Il avait acheté un nécessaire à écrire, et voilà plusieurs jours, qu'il le regardait d'un air bovin sans jamais vraiment oser s'en servir. Et pourtant, il lui fallait s'y résoudre tant son absence lui apparaissait sinon cruelle, mais au moins douloureuse. Aller si près du but et se retrouver bredouille, jeu diabolique du Destin. La plume fut saisie, et avec elle, une dague pour la tailler un peu plus, histoire de se donner du temps, et enfin, il fallut faire contre mauvaise fortune, bon coeur.

La plume crissa.

Citation:
A Cerdanne d'Anjou, fille de Juan de Mona,

Ne me demande pas pourquoi je t'écris, mainada, même moi, je ne le sais pas. Tu es partie sans savoir, car tu sais si peu de choses en vérité. J'espère que ce coursier te trouvera. Je me serai bien contenté d'un pigeon mais vu les temps troubles que nous traversons, il aurait qu'un soldat crève la dalle pour qu'il le tue et que tu n'aies jamais ce message.

J'ai promis à ton père de te retrouver, et tu es de nouveau partie. Ordalie semble se plaire en Anjou, et le repos n'est pas un luxe pour elle, aussi t'attendrais-je là-bas, en espérant que tu veuilles prendre connaissance de ce qu'a été celui qui t'aimait assez pour te soustraire à sa vie en pensant épargner la tienne. Prends soin de toi, mainada, je t'en voudrais de me faire faillir à ma promesse. Si tu le veux, raconte moi où tu es et ce que tu vois, j'irai voir le Nord un jour, raconte moi donc et mets moi l'eau à la bouche.

Tu m'as dit vouloir poser des questions et n'avoir pas peur de le faire. Pourtant, tu n'as rien demandé, pas l'once d'une requête, pas même un détail ou une grande ligne. Veux-tu réellement savoir qui il était ? J'en doute et pourtant, l'envie me taraude de te parler de lui, de te dire tout ce que je sais. Pas tant pour faire parler la mémoire, mais pour t'offrir ce que tu sembles désirer si ardemment. Quand bien même, il est mort, je t'offre un père, mainada. Oseras-tu le prendre ? Le réclamer ? Je t'attends.

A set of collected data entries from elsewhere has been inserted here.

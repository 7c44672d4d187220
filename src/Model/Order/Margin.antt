-- ===== src/Model/Order/Margin.antt =====
-- `OrderMargin` of model/order.go with its view.
pub mod Spec
use pit_go.Base.{ℕ, Bool, Option, List}
use pit_go.Model.Param.{
  if_some, Asset, no_asset, asset_handle, new_asset_from_handle, new_native_tri_bool,
  new_bool_option_from_native, new_leverage_option_from_handle, tri_not_set,
}
use pit_go.Model.Native.OrderMargin as NativeOrderMargin
use pit_go.Model.Native.OrderMargin.{NativeOrderMargin}

pub record OrderMargin : Type 0 where
  pub value : NativeOrderMargin
  pub retain_collateral_asset : Asset

-- The optional fields, with what stands for an instrument or an asset.
pub record OrderMarginValues (A : Type 0) : Type 0 where
  pub collateral_asset : Option A
  pub auto_borrow : Option Bool
  pub leverage : Option ℕ

unfoldable pub new : OrderMargin
unfolding NativeOrderMargin.new
new = record { value = NativeOrderMargin.new; retain_collateral_asset = no_asset }

unfoldable pub reset : OrderMargin → OrderMargin
unfolding NativeOrderMargin.new
reset o = record { value = NativeOrderMargin.new; retain_collateral_asset = no_asset }

unfoldable pub set_collateral_asset : Asset → OrderMargin → OrderMargin
unfolding NativeOrderMargin.set_collateral_asset
set_collateral_asset v o = record o {
  value = NativeOrderMargin.set_collateral_asset (asset_handle v) o.value;
  retain_collateral_asset = v;
}

unfoldable pub unset_collateral_asset : OrderMargin → OrderMargin
unfolding NativeOrderMargin.unset_collateral_asset
unset_collateral_asset o = record o {
  value = NativeOrderMargin.unset_collateral_asset o.value;
  retain_collateral_asset = no_asset;
}

unfoldable pub get_collateral_asset : OrderMargin → Option (List ℕ)
get_collateral_asset o = new_asset_from_handle o.value.collateral_asset

unfoldable pub set_auto_borrow : Bool → OrderMargin → OrderMargin
unfolding NativeOrderMargin.set_auto_borrow
set_auto_borrow v o = record o {
  value = NativeOrderMargin.set_auto_borrow (new_native_tri_bool v) o.value;
}

unfoldable pub unset_auto_borrow : OrderMargin → OrderMargin
unfolding NativeOrderMargin.set_auto_borrow
unset_auto_borrow o = record o { value = NativeOrderMargin.set_auto_borrow tri_not_set o.value }

unfoldable pub get_auto_borrow : OrderMargin → Option Bool
get_auto_borrow o = new_bool_option_from_native o.value.auto_borrow

unfoldable pub set_leverage : ℕ → OrderMargin → OrderMargin
unfolding NativeOrderMargin.set_leverage
set_leverage v o = record o { value = NativeOrderMargin.set_leverage v o.value }

unfoldable pub unset_leverage : OrderMargin → OrderMargin
unfolding NativeOrderMargin.set_leverage
unset_leverage o = record o { value = NativeOrderMargin.set_leverage 0 o.value }

unfoldable pub get_leverage : OrderMargin → Option ℕ
get_leverage o = new_leverage_option_from_handle o.value.leverage

unfoldable pub values : OrderMargin → OrderMarginValues (List ℕ)
unfolding get_collateral_asset get_auto_borrow get_leverage
values o = record {
  collateral_asset = get_collateral_asset o;
  auto_borrow = get_auto_borrow o;
  leverage = get_leverage o;
}

-- `setValues`: the fields in the order of the source.
unfoldable pub apply_values : OrderMarginValues Asset → OrderMargin → OrderMargin
apply_values v o =
    let o1 = if_some v.collateral_asset set_collateral_asset o in
    let o2 = if_some v.auto_borrow set_auto_borrow o1 in if_some v.leverage set_leverage o2

unfoldable pub set_values : OrderMarginValues Asset → OrderMargin → OrderMargin
set_values v o = apply_values v (reset o)

unfoldable pub new_from_values : OrderMarginValues Asset → OrderMargin
new_from_values v = apply_values v new

-- A call of a method that changes the struct; its view has the same methods.
pub data Call : Type 0 where
  resets : Call
  sets_collateral_asset : Asset → Call
  unsets_collateral_asset : Call
  sets_auto_borrow : Bool → Call
  unsets_auto_borrow : Call
  sets_leverage : ℕ → Call
  unsets_leverage : Call

unfoldable pub call : Call → OrderMargin → OrderMargin
unfolding reset set_collateral_asset unset_collateral_asset set_auto_borrow unset_auto_borrow
    set_leverage unset_leverage
call resets o = reset o
call (sets_collateral_asset v) o = set_collateral_asset v o
call unsets_collateral_asset o = unset_collateral_asset o
call (sets_auto_borrow v) o = set_auto_borrow v o
call unsets_auto_borrow o = unset_auto_borrow o
call (sets_leverage v) o = set_leverage v o
call unsets_leverage o = unset_leverage o
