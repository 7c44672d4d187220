-- ===== src/Model/Native/OrderPosition.antt =====
-- The C struct OrderPosition and its functions in internal/native/order.go.
use pit_go.Base.{}
use pit_go.Model.Param.{NativePositionSide, TriBool, tri_not_set}

pub record NativeOrderPosition : Type 0 where
  pub position_side : NativePositionSide
  pub reduce_only : TriBool
  pub close_position : TriBool

unfoldable pub new : NativeOrderPosition
new = record {
  position_side = NativePositionSide.not_set;
  reduce_only = tri_not_set;
  close_position = tri_not_set;
}

unfoldable pub set_position_side : NativePositionSide → NativeOrderPosition → NativeOrderPosition
set_position_side v o = record o { position_side = v }

unfoldable pub unset_position_side : NativeOrderPosition → NativeOrderPosition
unset_position_side o = record o { position_side = NativePositionSide.not_set }

unfoldable pub set_reduce_only : TriBool → NativeOrderPosition → NativeOrderPosition
set_reduce_only v o = record o { reduce_only = v }

unfoldable pub unset_reduce_only : NativeOrderPosition → NativeOrderPosition
unset_reduce_only o = record o { reduce_only = tri_not_set }

unfoldable pub set_close_position : TriBool → NativeOrderPosition → NativeOrderPosition
set_close_position v o = record o { close_position = v }

unfoldable pub unset_close_position : NativeOrderPosition → NativeOrderPosition
unset_close_position o = record o { close_position = tri_not_set }
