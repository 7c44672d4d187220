-- ===== src/Model/Order/Position.antt =====
-- `OrderPosition` of model/order.go with its view.
pub mod Spec
use pit_go.Base.{Bool, Option}
use pit_go.Model.Param.{
  if_some, PositionSide, new_position_side_from_handle, position_side_handle, new_native_tri_bool,
  new_bool_option_from_native, tri_not_set,
}
use pit_go.Model.Native.OrderPosition as NativeOrderPosition
use pit_go.Model.Native.OrderPosition.{NativeOrderPosition}

pub record OrderPosition : Type 0 where
  pub value : NativeOrderPosition

pub record OrderPositionValues : Type 0 where
  pub position_side : Option PositionSide
  pub reduce_only : Option Bool
  pub close_position : Option Bool

unfoldable pub new : OrderPosition
unfolding NativeOrderPosition.new
new = record { value = NativeOrderPosition.new }

unfoldable pub reset : OrderPosition → OrderPosition
unfolding NativeOrderPosition.new
reset o = record { value = NativeOrderPosition.new }

unfoldable pub set_position_side : PositionSide → OrderPosition → OrderPosition
unfolding NativeOrderPosition.set_position_side
set_position_side v o = record o {
  value = NativeOrderPosition.set_position_side (position_side_handle v) o.value;
}

unfoldable pub unset_position_side : OrderPosition → OrderPosition
unfolding NativeOrderPosition.unset_position_side
unset_position_side o = record o { value = NativeOrderPosition.unset_position_side o.value }

unfoldable pub get_position_side : OrderPosition → Option PositionSide
get_position_side o = new_position_side_from_handle o.value.position_side

unfoldable pub set_reduce_only : Bool → OrderPosition → OrderPosition
unfolding NativeOrderPosition.set_reduce_only
set_reduce_only v o = record o {
  value = NativeOrderPosition.set_reduce_only (new_native_tri_bool v) o.value;
}

unfoldable pub unset_reduce_only : OrderPosition → OrderPosition
unfolding NativeOrderPosition.unset_reduce_only
unset_reduce_only o = record o { value = NativeOrderPosition.unset_reduce_only o.value }

unfoldable pub get_reduce_only : OrderPosition → Option Bool
get_reduce_only o = new_bool_option_from_native o.value.reduce_only

unfoldable pub set_close_position : Bool → OrderPosition → OrderPosition
unfolding NativeOrderPosition.set_close_position
set_close_position v o = record o {
  value = NativeOrderPosition.set_close_position (new_native_tri_bool v) o.value;
}

unfoldable pub unset_close_position : OrderPosition → OrderPosition
unfolding NativeOrderPosition.set_close_position
unset_close_position o = record o {
  value = NativeOrderPosition.set_close_position tri_not_set o.value;
}

unfoldable pub get_close_position : OrderPosition → Option Bool
get_close_position o = new_bool_option_from_native o.value.close_position

unfoldable pub values : OrderPosition → OrderPositionValues
unfolding get_position_side get_reduce_only get_close_position
values o = record {
  position_side = get_position_side o;
  reduce_only = get_reduce_only o;
  close_position = get_close_position o;
}

-- `setValues`: the fields in the order of the source.
unfoldable pub apply_values : OrderPositionValues → OrderPosition → OrderPosition
apply_values v o =
    let o1 = if_some v.position_side set_position_side o in
    let o2 = if_some v.reduce_only set_reduce_only o1 in
    if_some v.close_position set_close_position o2

unfoldable pub set_values : OrderPositionValues → OrderPosition → OrderPosition
set_values v o = apply_values v (reset o)

unfoldable pub new_from_values : OrderPositionValues → OrderPosition
new_from_values v = apply_values v new

-- A call of a method that changes the struct; its view has the same methods.
pub data Call : Type 0 where
  resets : Call
  sets_position_side : PositionSide → Call
  unsets_position_side : Call
  sets_reduce_only : Bool → Call
  unsets_reduce_only : Call
  sets_close_position : Bool → Call
  unsets_close_position : Call

unfoldable pub call : Call → OrderPosition → OrderPosition
unfolding reset set_position_side unset_position_side set_reduce_only unset_reduce_only
    set_close_position unset_close_position
call resets o = reset o
call (sets_position_side v) o = set_position_side v o
call unsets_position_side o = unset_position_side o
call (sets_reduce_only v) o = set_reduce_only v o
call unsets_reduce_only o = unset_reduce_only o
call (sets_close_position v) o = set_close_position v o
call unsets_close_position o = unset_close_position o
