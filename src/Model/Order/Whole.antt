-- ===== src/Model/Order/Whole.antt =====
-- `Order` of model/order.go with `Order` of internal/native/order.go.
use pit_go.Base.{Bool, true, false, Option, none, some, List, [], ◌∷◌}
use pit_go.Model.Param.{Optional, Asset, Instrument, no_asset, no_instrument, if_some}
use pit_go.Model.Native.OrderOperation as NativeOperation
use pit_go.Model.Native.OrderOperation.{NativeOrderOperation}
use pit_go.Model.Order.Operation
use pit_go.Model.Order.Operation.{OrderOperation}
use pit_go.Model.Native.OrderPosition as NativePosition
use pit_go.Model.Native.OrderPosition.{NativeOrderPosition}
use pit_go.Model.Order.Position
use pit_go.Model.Order.Position.{OrderPosition}
use pit_go.Model.Native.OrderMargin as NativeMargin
use pit_go.Model.Native.OrderMargin.{NativeOrderMargin}
use pit_go.Model.Order.Margin
use pit_go.Model.Order.Margin.{OrderMargin}

pub record NativeOrder : Type 0 where
  pub operation : Optional NativeOrderOperation
  pub position : Optional NativeOrderPosition
  pub margin : Optional NativeOrderMargin

pub record OrderFieldsRetain : Type 0 where
  pub operation_instrument : Instrument
  pub margin_collateral_asset : Asset

pub record Order : Type 0 where
  pub value : NativeOrder
  pub retain : OrderFieldsRetain

pub record OrderValues : Type 0 where
  pub operation : Option OrderOperation
  pub position : Option OrderPosition
  pub margin : Option OrderMargin

unfoldable pub new_native : NativeOrder
unfolding NativeOperation.new NativePosition.new NativeMargin.new
new_native = record {
  operation = record { is_set = false; value = NativeOperation.new };
  position = record { is_set = false; value = NativePosition.new };
  margin = record { is_set = false; value = NativeMargin.new };
}

unfoldable pub no_retain : OrderFieldsRetain
no_retain = record { operation_instrument = no_instrument; margin_collateral_asset = no_asset }

unfoldable pub new : Order
unfolding new_native no_retain
new = record { value = new_native; retain = no_retain }

unfoldable pub reset : Order → Order
unfolding new_native no_retain
reset o = record o { value = new_native; retain = no_retain }

abbrev pub operation_by : Bool → OrderOperation → Option OrderOperation
operation_by true v = some v
operation_by false v = none

-- What `operation` and its retained values make a struct of.
abbrev pub operation_of : Order → OrderOperation
operation_of o = record {
  value = o.value.operation.value;
  retain_instrument = o.retain.operation_instrument;
}

unfoldable pub get_operation : Order → Option OrderOperation
get_operation o = operation_by o.value.operation.is_set (operation_of o)

unfoldable pub set_operation : OrderOperation → Order → Order
set_operation v o = record o {
  value = record o.value { operation = record { is_set = true; value = v.value } };
  retain = record o.retain { operation_instrument = v.retain_instrument };
}

unfoldable pub unset_operation : Order → Order
unfolding NativeOperation.new
unset_operation o = record o {
  value = record o.value { operation = record { is_set = false; value = NativeOperation.new } };
  retain = record o.retain { operation_instrument = no_instrument };
}

abbrev pub ensure_operation : Bool → Optional NativeOrderOperation → Optional NativeOrderOperation
ensure_operation true v = v
ensure_operation false v = record { is_set = true; value = NativeOperation.new }

unfoldable pub ensure_operation_view : Order → Order
unfolding NativeOperation.new
ensure_operation_view o = record o {
  value = record o.value {
    operation = ensure_operation o.value.operation.is_set o.value.operation;
  };
}

-- A method of a view, which works on the operation of the order, also after it was unset.
unfoldable pub through_operation_view : Operation.Call → Order → Order
unfolding Operation.call
through_operation_view c o =
    let v = Operation.call c (operation_of o) in
    record o {
      value = record o.value { operation = record o.value.operation { value = v.value } };
      retain = record o.retain { operation_instrument = v.retain_instrument };
    }

abbrev pub position_by : Bool → OrderPosition → Option OrderPosition
position_by true v = some v
position_by false v = none

-- What `position` and its retained values make a struct of.
abbrev pub position_of : Order → OrderPosition
position_of o = record { value = o.value.position.value }

unfoldable pub get_position : Order → Option OrderPosition
get_position o = position_by o.value.position.is_set (position_of o)

unfoldable pub set_position : OrderPosition → Order → Order
set_position v o = record o {
  value = record o.value { position = record { is_set = true; value = v.value } };
}

unfoldable pub unset_position : Order → Order
unfolding NativePosition.new
unset_position o = record o {
  value = record o.value { position = record { is_set = false; value = NativePosition.new } };
}

abbrev pub ensure_position : Bool → Optional NativeOrderPosition → Optional NativeOrderPosition
ensure_position true v = v
ensure_position false v = record { is_set = true; value = NativePosition.new }

unfoldable pub ensure_position_view : Order → Order
unfolding NativePosition.new
ensure_position_view o = record o {
  value = record o.value { position = ensure_position o.value.position.is_set o.value.position };
}

-- A method of a view, which works on the position of the order, also after it was unset.
unfoldable pub through_position_view : Position.Call → Order → Order
unfolding Position.call
through_position_view c o =
    let v = Position.call c (position_of o) in
    record o { value = record o.value { position = record o.value.position { value = v.value } } }

abbrev pub margin_by : Bool → OrderMargin → Option OrderMargin
margin_by true v = some v
margin_by false v = none

-- What `margin` and its retained values make a struct of.
abbrev pub margin_of : Order → OrderMargin
margin_of o = record {
  value = o.value.margin.value;
  retain_collateral_asset = o.retain.margin_collateral_asset;
}

unfoldable pub get_margin : Order → Option OrderMargin
get_margin o = margin_by o.value.margin.is_set (margin_of o)

unfoldable pub set_margin : OrderMargin → Order → Order
set_margin v o = record o {
  value = record o.value { margin = record { is_set = true; value = v.value } };
  retain = record o.retain { margin_collateral_asset = v.retain_collateral_asset };
}

unfoldable pub unset_margin : Order → Order
unfolding NativeMargin.new
unset_margin o = record o {
  value = record o.value { margin = record { is_set = false; value = NativeMargin.new } };
  retain = record o.retain { margin_collateral_asset = no_asset };
}

abbrev pub ensure_margin : Bool → Optional NativeOrderMargin → Optional NativeOrderMargin
ensure_margin true v = v
ensure_margin false v = record { is_set = true; value = NativeMargin.new }

unfoldable pub ensure_margin_view : Order → Order
unfolding NativeMargin.new
ensure_margin_view o = record o {
  value = record o.value { margin = ensure_margin o.value.margin.is_set o.value.margin };
}

-- A method of a view, which works on the margin of the order, also after it was unset.
unfoldable pub through_margin_view : Margin.Call → Order → Order
unfolding Margin.call
through_margin_view c o =
    let v = Margin.call c (margin_of o) in
    record o {
      value = record o.value { margin = record o.value.margin { value = v.value } };
      retain = record o.retain { margin_collateral_asset = v.retain_collateral_asset };
    }

unfoldable pub values : Order → OrderValues
unfolding get_operation get_position get_margin
values o = record { operation = get_operation o; position = get_position o; margin = get_margin o }

unfoldable pub apply_values : OrderValues → Order → Order
apply_values v o =
    if_some v.margin set_margin
      (if_some v.position set_position (if_some v.operation set_operation o))

unfoldable pub set_values : OrderValues → Order → Order
unfolding reset
set_values v o = apply_values v (reset o)

unfoldable pub new_from_values : OrderValues → Order
unfolding new
new_from_values v = apply_values v new

-- A call that changes the order.
pub data Call : Type 0 where
  resets : Call
  sets_operation : OrderOperation → Call
  unsets_operation : Call
  ensures_operation_view : Call
  views_operation : Operation.Call → Call
  sets_position : OrderPosition → Call
  unsets_position : Call
  ensures_position_view : Call
  views_position : Position.Call → Call
  sets_margin : OrderMargin → Call
  unsets_margin : Call
  ensures_margin_view : Call
  views_margin : Margin.Call → Call

unfoldable pub call : Call → Order → Order
unfolding reset set_operation unset_operation ensure_operation_view through_operation_view
    set_position unset_position ensure_position_view through_position_view set_margin unset_margin
    ensure_margin_view through_margin_view
call resets o = reset o
call (sets_operation v) o = set_operation v o
call unsets_operation o = unset_operation o
call ensures_operation_view o = ensure_operation_view o
call (views_operation c) o = through_operation_view c o
call (sets_position v) o = set_position v o
call unsets_position o = unset_position o
call ensures_position_view o = ensure_position_view o
call (views_position c) o = through_position_view c o
call (sets_margin v) o = set_margin v o
call unsets_margin o = unset_margin o
call ensures_margin_view o = ensure_margin_view o
call (views_margin c) o = through_margin_view c o

abbrev pub run : List Call → Order → Order
run [] o = o
run (c ∷ cs) o = run cs (call c o)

Que Dieu te conduise à bonne fin,

C. de Terme.

_________________
Cerdanne
« …celui qui scrute les cœurs sait à quoi tend l’esprit… »


Le parchemin entre les mains, elle marmonne.
Le coursier, lui, a droit a un repas parce qu’elle a droit de réponse.
Et qu’elle va le prendre immédiatement « Mainada »...
Non mais j’t’en foutrais moi de la Gamine..
Plus elle marmonne, plus elle se calme.
Plus elle relit, plus les mots la piquent aussi surement que ses épines le font. »Mainada »…
Elle sourit, avant de grommeler à nouveau devant cette brèche qui s’ouvre, béante et qui ne demande qu’a être remplie.
L’avantage d’être au loin..
Les mots peuvent s’écrire sans affronter le regard qui les lit.
Le droit de réponse met du temps à revendiquer sa place.
Finalement les maux sont bien plus durs que prévus à trouver le chemin de l’encre.


Citation:

*Papet* Rature…, grattage, sillon sur le parchemin.

A Chabert, vieux fantôme surgit de nulle part…

Ne me demandez non plus pourquoi je vous réponds, Fraire, Paire, je ne sais au fond.
Peut –être votre Dieu, farceur, a décidé de nous en jouer une bonne. Vous et votre promesse, moi et mes manques.

Tout d’abord, sachez qu’au fond je suis contente que l’Anjou vous plaise. Enfin, votre vieille carne a l’air d’apprécier, donc...vous aussi je suppose, par pure amitié pour votre vieille compagne de voyage.
l' Anjou mérite qu’on s’y attarde et qu’on prenne le temps de le connaitre. Sauvage et fou.
Mais si je vous ai un peu cerné, cela peut correspondre à vos attentes. Et les miennes.

Parler…De lui.
Rien que de prononcer le mot »père » m’étouffe.
Tant de temps, tant de chemin.
Savez-vous que lors d’un voyage en Terre espagnole j’ai cherché sa trace. J’aurais tant voulu qu’il m’apprenne, qu’il m’enseigne ce que j’ai tenté d’apprendre seule.

Réclamer…Je suis bien trop fière pour cela.
Vous devriez le savoir, Fraire.
Comment croyez-vous que l’on puisse vivre, par ces temps troublés, autrement que dans la défiance et la méfiance.
Vous avez bien fait de rester sur les terres angevines.
Ici tout est vide, mort, fade. Les bois, eux seuls savent m’apaiser.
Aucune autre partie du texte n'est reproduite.